DF: I worried about going too normal. Once those fantasy sequences started happening, I thought, 'this is really exciting, this is really amazing, let's make a whole film like this!' But you've got to have a balance. And then you have a sequence which is fantasy and music together but in a very pedestrian or suburban setting. I just wanted to keep a connective tissue between them.
Q: How did you come up with that sequence spotlighting 'Saturday Night's Alright for Fighting' which felt like a 1940s musical number?
DF: It said in the script that Reggie is running down the street and people are fighting when they sing and dance. That's what I had to go on. I also wanted it to be about a young man breaking free from the bonds of his parents and family life and seeing the outside world. [It's a] colorful and imaginative world full of cultural and musical influences. So the fairgrounds seemed like a good place to do that. It's full of lights and color and magic. That gave me a backdrop to work with these interesting and diverse people that caused Elton to see it's a wide world [out there]. You can't deny the energy [to] something like 'On the Town' when you've got [Gene] Kelly and [Frank] Sinatra doing literally one of the first on-location musicals where they hit New York and they're bouncing around. The excitement of that is something I've always loved so I tried to create this continuous storytelling that's about him coming of age.
Q: In your collaboration with Taron Egerton, you have to be in simpatico to make this movie to work. What was your first meeting like?

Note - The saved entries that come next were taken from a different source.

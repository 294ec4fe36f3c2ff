-- ===== src/Decide/Execution.antt =====
-- The whole of `decideCycle` when it answers `execute`: the gates passed, the limits kept, and what
-- is redeemed.
use mathlib.Core.Path.{subst}
use mathlib.Core.List.{Mem}
use new_bnbhack.Common.{
  sym, [], ℕ, ◌≤◌, ◌≡◌, refl, ap, Bool, true, false, not, ◌&&◌, Option, none, some, arith, ok,
}
use new_bnbhack.Common.Text.{Text, eq_text}
use new_bnbhack.Amounts.{to_units}
use new_bnbhack.Session.{is_regular, us_session}
use new_bnbhack.Platform.{Platform}
use new_bnbhack.Decide.Flows.{bind_goes_on, goes_on-injective, then_goes_on}
use new_bnbhack.Decide.Choice.{IsBuyable, asset_stage-IsBuyable}
use new_bnbhack.Decide.Limits.{WithinLimits, WithinLimits-le, budget_stage-WithinLimits}
use new_bnbhack.Decide.Gates.{IsDue, IsGoodQuote, due_stage-IsDue, quote_stage-IsGoodQuote}
use new_bnbhack.Decide.{
  CycleInput, InstrumentMarket, QuoteObservation, ExecuteDecision, execute, Flow, throws, answers,
  goes_on, is_regular_session, due_stage, guardian_stage, wait_for_open_if, window_stage, Budget,
  budget_stage, excluded_by, asset_stage, price_stage, number_or_nan, positive, gap_pct,
  quote_stage, execution, cycle, outcome_of, decide_cycle,
}

pub guardian_stage-none : (block : Option Text) → guardian_stage block ≡ goes_on tt → block ≡ none
unfolding guardian_stage
guardian_stage-none none h = refl
guardian_stage-none (some rule) h = cc

wait_for_open_if-false :
    (test : Bool) (now : ℕ) (detail : Option Text)
    → wait_for_open_if test now detail ≡ goes_on tt
    → test ≡ false
unfolding wait_for_open_if
wait_for_open_if-false true now detail h = ground arith
wait_for_open_if-false false now detail h = refl

-- the session is the clock's, and it is the regular one where the plan asks for it
pub window_stage-lem :
    (input : CycleInput) (regular : Bool)
    → window_stage input ≡ goes_on regular
    → (regular ≡ is_regular (us_session input.now))
      × ((is_regular_session input.plan.window && not regular) ≡ false)
unfolding window_stage
window_stage-lem input regular h =
    let now_regular = is_regular (us_session input.now) in
    then_goes_on
      (wait_for_open_if (is_regular_session input.plan.window && not now_regular) input.now none) _
      h
      λ went rest.
        let open_ =
          wait_for_open_if-false (is_regular_session input.plan.window && not now_regular) input.now
            none went in
        let same : now_regular ≡ regular = goes_on-injective now_regular regular rest in
        (sym same, ground (arith, open_, same))

module _ {F : Type 0} (p : Platform F) where
  -- A premium above the limit over the stock price, in the regular session.
  abbrev pub is_premium : InstrumentMarket → Bool
  is_premium m =
      let onchain = number_or_nan p m.onchain_share_price_usd in
      let independent = number_or_nan p m.independent_share_price_usd in
      (positive p onchain && positive p independent)
      && p.lt (p.hundredths 200) (gap_pct p onchain independent)

  price_stage-no_premium :
      (input : CycleInput) (regular : Bool) (m : InstrumentMarket) (shown : Option Text)
      → price_stage p input regular m ≡ goes_on shown
      → (regular && is_premium m) ≡ false
  unfolding price_stage
  price_stage-no_premium input regular m shown h = ground arith

  -- The gates of a buy. `tick` is the plan's ticker, `m` the token bought and `spend` what is spent.
  pub record IsSafeBuy (input : CycleInput) (d : ExecuteDecision) : Type 0 where
    pub tick : Text
    pub is_due : IsDue p input tick
    pub not_blocked : input.guardian_block ≡ none
    pub session_shown : d.off_hours ≡ not (is_regular (us_session input.now))
    pub session_kept : (is_regular_session input.plan.window && d.off_hours) ≡ false
    pub m : InstrumentMarket
    pub listed : Mem m input.markets
    pub spend : ℕ
    pub planned : ℕ
    pub of_ticker : eq_text m.instrument.ticker tick ≡ true
    pub named : d.instrument_id ≡ m.instrument.id
    pub buyable : IsBuyable (excluded_by [] input.quotes) planned m
    pub no_premium : (not d.off_hours && is_premium m) ≡ false
    pub good_quote : IsGoodQuote p input m.instrument.id d.quote
    pub same_spend : d.spend_usd ≡ d.quote.spend_usd
    pub spend_read : to_units d.spend_usd 18 ≡ ok spend
    pub spend_planned : spend ≤ planned
    pub within : WithinLimits input (is_regular (us_session input.now)) spend

  execution-IsSafeBuy :
      (input : CycleInput) (tick : Text) (regular : Bool) (b : Budget) (m : InstrumentMarket)
      (gap : Option Text) (q : QuoteObservation) (spend : ℕ)
      → due_stage p input ≡ goes_on tick
      → guardian_stage input.guardian_block ≡ goes_on tt
      → window_stage input ≡ goes_on regular
      → budget_stage input regular ≡ goes_on b
      → asset_stage input tick b ≡ goes_on m
      → price_stage p input regular m ≡ goes_on gap
      → quote_stage p input regular b m ≡ goes_on (q, spend)
      → IsSafeBuy input (execution input.plan.mode regular b m gap q spend)
  unfolding execution
  execution-IsSafeBuy input tick regular b m gap q spend due guard window budget asset price
        quoted =
      let (clock, asked) = window_stage-lem input regular window in
      let (buyable, (of_ticker, listed)) = asset_stage-IsBuyable input tick b m asset in
      let (good, read, small) = quote_stage-IsGoodQuote p input regular b m q spend quoted in
      let limits =
        WithinLimits-le input regular spend b.planned_spend small
          (budget_stage-WithinLimits input regular b budget) in
      record {
        tick = tick;
        is_due = due_stage-IsDue p input tick due;
        not_blocked = guardian_stage-none input.guardian_block guard;
        session_shown = ap not clock;
        session_kept = asked;
        m = m;
        listed = listed;
        spend = spend;
        planned = b.planned_spend;
        of_ticker = of_ticker;
        named = refl;
        buyable = buyable;
        no_premium = ground (arith, price_stage-no_premium input regular m gap price);
        good_quote = good;
        same_spend = refl;
        spend_read = read;
        spend_planned = small;
        within = subst (λ r. WithinLimits input r spend) clock limits;
      }

  pub cycle-eq-goes_on :
      (input : CycleInput) (d : ExecuteDecision)
      → decide_cycle p input ≡ ok (execute d)
      → cycle p input ≡ goes_on d
  unfolding decide_cycle
  cycle-eq-goes_on input d h = executed (cycle p input) h
    where
      executed : (c : Flow ExecuteDecision) → outcome_of c ≡ ok (execute d) → c ≡ goes_on d
      executed (goes_on e) k = ground arith
      executed (throws e) k = absurd (cc)
      executed (answers a) k = absurd (cc)

  -- Whenever decideCycle answers execute, the plan is active, due and not expired, the guardian
  -- blocks nothing, the plan's window is open, the token bought is that of one of the input's
  -- markets, which is of the plan's ticker, open and trading, and not ruled out, no premium
  -- above 2 % was seen in the regular session, the latest quote is complete, fresh and of low
  -- impact, and the spend is within every limit.
  pub decide_cycle-IsSafeBuy :
      (input : CycleInput) (d : ExecuteDecision)
      → decide_cycle p input ≡ ok (execute d)
      → IsSafeBuy input d
  unfolding decide_cycle
  decide_cycle-IsSafeBuy input d h =
      bind_goes_on (due_stage p input) _ (cycle-eq-goes_on input d h) λ tick due h1.
        then_goes_on (guardian_stage input.guardian_block) _ h1 λ guard h2.
          bind_goes_on (window_stage input) _ h2 λ regular window h3.
            bind_goes_on (budget_stage input regular) _ h3 λ b budget h4.
              bind_goes_on (asset_stage input tick b) _ h4 λ m asset h5.
                bind_goes_on (price_stage p input regular m) _ h5 λ gap price h6.
                  bind_goes_on (quote_stage p input regular b m) _ h6 λ q quoted h7.
                    subst (IsSafeBuy input)
                      (goes_on-injective (execution input.plan.mode regular b m gap q.0 q.1) d h7)
                      (execution-IsSafeBuy input tick regular b m gap q.0 q.1 due guard window
                        budget asset price quoted)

DF: He and I first worked together on 'Eddie the Eagle,' which was a really good collaborative experience. Great actors search for truth in the moment and Taron and I talked about that a lot on 'Eddie.' So when 'Rocketman' came along, [producer] Matt Vaughn called me and said 'Taron as Elton.' I already knew from that sentence alone that there was something exciting about that. Taron fell into the groove on that. We just hit the ground running because we knew each other and wanted to work together. I knew he had this incredible [timbre] to his voice. There was work to do on that because he said he was more of a ballad singer and I had to nudge him towards more this rock kind of vocalization. Elton set the ball running. He said 'don't do an imitation of me, do your take on my songs.'
He was very clear about that with the songs and said, 'Do what you got to do.' We were doing a musical set to Elton John's music but, in theory, it could be about anybody. It's about Elton and his journey but I'd like to think there's a universality to the story that means it's not specific to Elton and that's why it's not a biopic. It's Elton's recollections and memories of how he felt at the time and what that song meant to him. 'I Want Love' wasn't written until [much later (2001)] but I used it in a scene set in 1956 because it fit the story.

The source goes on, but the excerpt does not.